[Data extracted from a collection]
◇ ◇ ◇ ◇ ◇
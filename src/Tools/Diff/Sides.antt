-- ===== src/Tools/Diff/Sides.antt =====
-- The two sides of an edit script: the script of `diffLines a b` takes a to b.
use mathlib.Core.List.{reverse, reverse-append, reverse-reverse}
use mow.Prelude.{
  ℕ, ◌+◌, ◌-◌, ◌≤◌, ◌≡◌, refl, sym, ap, ◌∙◌, List, [], ◌∷◌, ◌++◌, map, arith, length, take, drop,
  Str, str_eq→eq, take-append-drop, length-append, take-append, length-drop,
}
use mow.Tools.Diff.{
  OpKind, context, delete, insert, DiffOp, op, common_prefix, walk, diff_lines, lcs_table,
}

-- What a script reads, and what it writes.
abbrev pub old_text : OpKind → Str → List Str → List Str
old_text insert s rest = rest
old_text _ s rest = s ∷ rest

abbrev pub new_text : OpKind → Str → List Str → List Str
new_text delete s rest = rest
new_text _ s rest = s ∷ rest

abbrev pub old_side : List DiffOp → List Str
old_side [] = []
old_side (o ∷ os) = old_text o.kind o.text (old_side os)

abbrev pub new_side : List DiffOp → List Str
new_side [] = []
new_side (o ∷ os) = new_text o.kind o.text (new_side os)

pub old_side-append : (xs ys : List DiffOp) → old_side (xs ++ ys) ≡ old_side xs ++ old_side ys
old_side-append [] ys = refl
old_side-append (o ∷ os) ys = ground (arith, old_side-append os ys)

pub new_side-append : (xs ys : List DiffOp) → new_side (xs ++ ys) ≡ new_side xs ++ new_side ys
new_side-append [] ys = refl
new_side-append (o ∷ os) ys = ground (arith, new_side-append os ys)

old_side-context : (xs : List Str) → old_side (map (op context) xs) ≡ xs
old_side-context [] = refl
old_side-context (x ∷ xs) = ap (◌∷◌ x) (old_side-context xs)

new_side-context : (xs : List Str) → new_side (map (op context) xs) ≡ xs
new_side-context [] = refl
new_side-context (x ∷ xs) = ap (◌∷◌ x) (new_side-context xs)

old_side-delete : (xs : List Str) → old_side (map (op delete) xs) ≡ xs
old_side-delete [] = refl
old_side-delete (x ∷ xs) = ap (◌∷◌ x) (old_side-delete xs)

new_side-delete : (xs : List Str) → new_side (map (op delete) xs) ≡ []
new_side-delete [] = refl
new_side-delete (x ∷ xs) = new_side-delete xs

old_side-insert : (xs : List Str) → old_side (map (op insert) xs) ≡ []
old_side-insert [] = refl
old_side-insert (x ∷ xs) = old_side-insert xs

new_side-insert : (xs : List Str) → new_side (map (op insert) xs) ≡ xs
new_side-insert [] = refl
new_side-insert (x ∷ xs) = ap (◌∷◌ x) (new_side-insert xs)

walk-sides :
    (t : List (List ℕ)) (i j : ℕ) (xs ys : List Str)
    → (old_side (walk t i j xs ys) ≡ xs) × (new_side (walk t i j xs ys) ≡ ys)
unfolding walk
walk-sides t i j [] ys = (old_side-insert ys, new_side-insert ys)
walk-sides t i j (x ∷ xs) [] = (old_side-delete (x ∷ xs), new_side-delete (x ∷ xs))
walk-sides t i j (x ∷ xs) (y ∷ ys) = ground (
  arith,
  walk-sides t (i + 1) (j + 1) xs ys,
  walk-sides t (i + 1) j xs (y ∷ ys),
  walk-sides t i (j + 1) (x ∷ xs) ys,
  str_eq→eq x y,
)

-- The lines counted by `common_prefix` are the same in both lists, and no more than either has.
take-common_prefix :
    (xs ys : List Str) → take (common_prefix xs ys) xs ≡ take (common_prefix xs ys) ys
unfolding common_prefix
take-common_prefix [] ys = refl
take-common_prefix (x ∷ xs) [] = refl
take-common_prefix (x ∷ xs) (y ∷ ys) = ground (arith, take-common_prefix xs ys, str_eq→eq x y)

common_prefix-le :
    (xs ys : List Str) → (common_prefix xs ys ≤ length xs) × (common_prefix xs ys ≤ length ys)
unfolding common_prefix
common_prefix-le [] ys = omega arith
common_prefix-le (x ∷ xs) [] = omega arith
common_prefix-le (x ∷ xs) (y ∷ ys) = ground (arith, common_prefix-le xs ys)

length-reverse : (xs : List Str) → length (reverse xs) ≡ length xs
length-reverse [] = refl
length-reverse (x ∷ xs) =
    rw (reverse-append (x ∷ []) xs)
      (omega (arith, length-append (reverse xs) (x ∷ []), length-reverse xs))

-- The last lines of a list are the first of its reverse, reversed.
reverse-take : (p s : List Str) → reverse (take (length s) (reverse (p ++ s))) ≡ s
reverse-take p s =
    rw (reverse-append p s, ← length-reverse s, take-append (reverse s) (reverse p))
      (reverse-reverse s)

drop-eq-reverse :
    (n : ℕ) (xs : List Str)
    → n ≤ length xs
    → drop (length xs - n) xs ≡ reverse (take n (reverse xs))
drop-eq-reverse n xs h =
    let p = take (length xs - n) xs in
    let s = drop (length xs - n) xs in
    let whole : p ++ s ≡ xs = take-append-drop (length xs - n) xs in
    let size : length s ≡ n = omega (arith, length-drop (length xs - n) xs) in
    sym (reverse-take p s)
    ∙ ap (λ (l : List Str). reverse (take (length s) (reverse l))) whole
    ∙ ap (λ (k : ℕ). reverse (take k (reverse xs))) size

-- The lines that the second trimming loop counts end both lists.
common_suffix_drop :
    (xs ys : List Str) (n : ℕ)
    → n ≡ common_prefix (reverse xs) (reverse ys)
    → drop (length xs - n) xs ≡ drop (length ys - n) ys
common_suffix_drop xs ys n e =
    let bound = common_prefix-le (reverse xs) (reverse ys) in
    let same : take n (reverse xs) ≡ take n (reverse ys) =
      rw e (take-common_prefix (reverse xs) (reverse ys)) in
    drop-eq-reverse n xs (omega (arith, length-reverse xs, bound))
    ∙ ap reverse same
    ∙ sym (drop-eq-reverse n ys (omega (arith, length-reverse ys, bound)))

-- The script between the trimmed ends.
middle_old :
    (t : List (List ℕ)) (xs ys s : List Str)
    → old_side (walk t 0 0 xs ys ++ map (op context) s) ≡ xs ++ s
middle_old t xs ys s =
    old_side-append (walk t 0 0 xs ys) (map (op context) s)
    ∙ rw ((walk-sides t 0 0 xs ys).0, old_side-context s)

middle_new :
    (t : List (List ℕ)) (xs ys s : List Str)
    → new_side (walk t 0 0 xs ys ++ map (op context) s) ≡ ys ++ s
middle_new t xs ys s =
    new_side-append (walk t 0 0 xs ys) (map (op context) s)
    ∙ rw ((walk-sides t 0 0 xs ys).1, new_side-context s)

-- The script of `diffLines a b` reads exactly the lines of a, in order, and writes exactly those
-- of b.
pub diff_lines-sides :
    (a b : List Str) → (old_side (diff_lines a b) ≡ a) × (new_side (diff_lines a b) ≡ b)
unfolding diff_lines
diff_lines-sides a b =
    let pre = common_prefix a b in
    let ra = drop pre a in
    let rb = drop pre b in
    let suf = common_prefix (reverse ra) (reverse rb) in
    let ma = take (length ra - suf) ra in
    let mb = take (length rb - suf) rb in
    let s = drop (length ra - suf) ra in
    let t = lcs_table ma mb in
    (
      old_side-append (map (op context) (take pre a)) (walk t 0 0 ma mb ++ map (op context) s)
          ∙ rw (old_side-context (take pre a), middle_old t ma mb s)
              (rw (take-append-drop (length ra - suf) ra) (take-append-drop pre a)),
      new_side-append (map (op context) (take pre a)) (walk t 0 0 ma mb ++ map (op context) s)
          ∙ rw (new_side-context (take pre a), middle_new t ma mb s)
              (rw
                (
                  common_suffix_drop ra rb suf refl,
                  take-append-drop (length rb - suf) rb,
                  take-common_prefix a b,
                )
                (take-append-drop pre b)),
    )
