-- ===== src/Tools/Patch/Hunks.antt =====
-- One hunk of a diff, taken as a hunk of a patch, is accepted where its lines stand.
use mow.Prelude.{
  ℕ, ◌+◌, ◌-◌, ◌≤◌, ◌≡◌, refl, ap, ◌∙◌, List, [], ◌∷◌, ◌++◌, map, some, append-nil, append_assoc,
  arith, length, take, drop, get_elem?, Str, str_eq_refl, length-append, take-append,
  get_elem?-append, drop-append_le, length-drop, ok,
}
use mow.Tools.Diff.{OpKind, context, delete, insert, DiffOp, op, Hunk}
use mow.Tools.Diff.Sides.{old_side, new_side, old_side-append}
use mow.Tools.Patch.{PatchHunk, Cursor, apply_line, apply_lines, apply_hunk}

-- A hunk as `formatReplaceDiff` prints it, and `parseUnifiedPatch` reads it: each line behind its
-- tag.
abbrev pub tag : OpKind → ℕ
tag context = b' '
tag delete = b'-'
tag insert = b'+'

abbrev pub as_line : DiffOp → Str
as_line o = tag o.kind ∷ o.text

abbrev pub as_patch : Hunk → PatchHunk
as_patch h = record {
  old_start = h.old_start;
  old_count = h.old_count;
  new_start = h.new_start;
  new_count = h.new_count;
  lines = map as_line h.ops;
}

-- The cursor behind the operations `os`.
abbrev behind : Cursor → List DiffOp → Cursor
behind s os = record {
  pos = s.pos + length (old_side os);
  old_n = s.old_n + length (old_side os);
  new_n = s.new_n + length (new_side os);
  out = s.out ++ new_side os;
}

-- The line at the end of a prefix is the head of what follows it.
get_elem?-here :
    (file p rest : List Str) (x : Str) (n : ℕ)
    → file ≡ p ++ x ∷ rest
    → n ≡ length p
    → get_elem? file n ≡ some x
get_elem?-here file p rest x n e h = rw (e, h) (get_elem?-append p (x ∷ rest))

-- At a position that holds what the operation reads, its line is accepted.
apply_line-as_line :
    (file : List Str) (k : OpKind) (x : Str) (os : List DiffOp) (p rest : List Str) (s : Cursor)
    → file ≡ p ++ (old_side (op k x ∷ os) ++ rest)
    → s.pos ≡ length p
    → apply_line file (as_line (op k x)) s ≡ ok (behind s (op k x ∷ []))
unfolding apply_line
apply_line-as_line file context x os p rest s e h =
    ground (arith, str_eq_refl x, get_elem?-here file p (old_side os ++ rest) x s.pos e h)
apply_line-as_line file delete x os p rest s e h = ground (
  arith,
  str_eq_refl x,
  get_elem?-here file p (old_side os ++ rest) x s.pos e h,
  append-nil s.out,
)
apply_line-as_line file insert x os p rest s e h = ground arith

behind-behind :
    (s : Cursor) (k : OpKind) (x : Str) (os : List DiffOp)
    → behind (behind s (op k x ∷ [])) os ≡ behind s (op k x ∷ os)
behind-behind s context x os = ground (arith, append_assoc s.out (x ∷ []) (new_side os))
behind-behind s delete x os = ground (arith, append-nil s.out)
behind-behind s insert x os = ground (arith, append_assoc s.out (x ∷ []) (new_side os))

-- The lines of `os` are accepted one after another.
apply_lines-as_line :
    (file : List Str) (os : List DiffOp) (p rest : List Str) (s : Cursor)
    → file ≡ p ++ (old_side os ++ rest)
    → s.pos ≡ length p
    → apply_lines file (map as_line os) s ≡ ok (behind s os)
unfolding apply_lines
apply_lines-as_line file [] p rest s e h = ground (arith, append-nil s.out)
apply_lines-as_line file (o ∷ os) p rest s e h =
    let head = old_side (o ∷ []) in
    rw (apply_line-as_line file o.kind o.text os p rest s e h) (
      apply_lines-as_line file os (p ++ head) rest (behind s (o ∷ []))
        (e
          ∙ ap (λ (l : List Str). p ++ (l ++ rest)) (old_side-append (o ∷ []) os)
          ∙ rw (append_assoc head (old_side os) rest, append_assoc p head (old_side os ++ rest)))
        (omega (arith, length-append p head))
      ∙ ap ok (behind-behind s o.kind o.text os))

-- The lines between the cursor and the hunk.
take_between :
    (file p rest : List Str) (cursor n : ℕ)
    → file ≡ p ++ rest
    → cursor ≤ length p
    → n ≡ length p - cursor
    → take n (drop cursor file) ≡ drop cursor p
take_between file p rest cursor n e h m =
    let size : length (drop cursor p) ≡ n = omega (arith, length-drop cursor p) in
    rw (e, drop-append_le cursor p rest h, ← size) (take-append (drop cursor p) rest)

-- `h` was made of the lines that follow `p` in the old file.
pub record StandsAt (h : Hunk) (p : List Str) : Type 0 where
  pub starts : h.old_start ≡ length p + 1
  pub counts_old : h.old_count ≡ length (old_side h.ops)
  pub counts_new : h.new_count ≡ length (new_side h.ops)

abbrev pub after : Hunk → ℕ → List Str → List Str → Cursor
after h cursor out p = record {
  pos = length p + length (old_side h.ops);
  old_n = 0 + length (old_side h.ops);
  new_n = 0 + length (new_side h.ops);
  out = (out ++ drop cursor p) ++ new_side h.ops;
}

-- A hunk that stands behind `p` is accepted, and leaves the cursor behind it.
pub apply_hunk-as_patch :
    (file : List Str) (cursor : ℕ) (out : List Str) (h : Hunk) (p rest : List Str)
    → file ≡ p ++ (old_side h.ops ++ rest)
    → cursor ≤ length p
    → StandsAt h p
    → apply_hunk file cursor out (as_patch h) ≡ ok (after h cursor out p)
unfolding apply_hunk
apply_hunk-as_patch file cursor out h p rest e c st =
    let start : h.old_start - 1 ≡ length p = omega (arith, st.starts) in
    let fits : length p ≤ length file =
      rw e (omega (arith, length-append p (old_side h.ops ++ rest))) in
    let s : Cursor = record { pos = length p; old_n = 0; new_n = 0; out = out ++ drop cursor p } in
    let inner = apply_lines-as_line file h.ops p rest s e refl in
    let between =
      take_between file p (old_side h.ops ++ rest) cursor (length p - cursor) e c refl in
    ground (arith, start, fits, inner, between, st.starts, st.counts_old, st.counts_new)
◇ ◇ ◇ ◇ ◇
▶ EXERCISE DESCRIPTION: A word-for-word copy of the lines above from the one with "abbrev pub old_text" through the one with "old_side-insert (x ∷ xs) = old_side-insert xs", inclusive, is the only output wanted.

▶ EXPECTED ANSWER:
abbrev pub old_text : OpKind → Str → List Str → List Str
old_text insert s rest = rest
old_text _ s rest = s ∷ rest

abbrev pub new_text : OpKind → Str → List Str → List Str
new_text delete s rest = rest
new_text _ s rest = s ∷ rest

abbrev pub old_side : List DiffOp → List Str
old_side [] = []
old_side (o ∷ os) = old_text o.kind o.text (old_side os)

abbrev pub new_side : List DiffOp → List Str
new_side [] = []
new_side (o ∷ os) = new_text o.kind o.text (new_side os)

pub old_side-append : (xs ys : List DiffOp) → old_side (xs ++ ys) ≡ old_side xs ++ old_side ys
old_side-append [] ys = refl
old_side-append (o ∷ os) ys = ground (arith, old_side-append os ys)

pub new_side-append : (xs ys : List DiffOp) → new_side (xs ++ ys) ≡ new_side xs ++ new_side ys
new_side-append [] ys = refl
new_side-append (o ∷ os) ys = ground (arith, new_side-append os ys)

old_side-context : (xs : List Str) → old_side (map (op context) xs) ≡ xs
old_side-context [] = refl
old_side-context (x ∷ xs) = ap (◌∷◌ x) (old_side-context xs)

new_side-context : (xs : List Str) → new_side (map (op context) xs) ≡ xs
new_side-context [] = refl
new_side-context (x ∷ xs) = ap (◌∷◌ x) (new_side-context xs)

old_side-delete : (xs : List Str) → old_side (map (op delete) xs) ≡ xs
old_side-delete [] = refl
old_side-delete (x ∷ xs) = ap (◌∷◌ x) (old_side-delete xs)

new_side-delete : (xs : List Str) → new_side (map (op delete) xs) ≡ []
new_side-delete [] = refl
new_side-delete (x ∷ xs) = new_side-delete xs

old_side-insert : (xs : List Str) → old_side (map (op insert) xs) ≡ []
old_side-insert [] = refl
old_side-insert (x ∷ xs) = old_side-insert xs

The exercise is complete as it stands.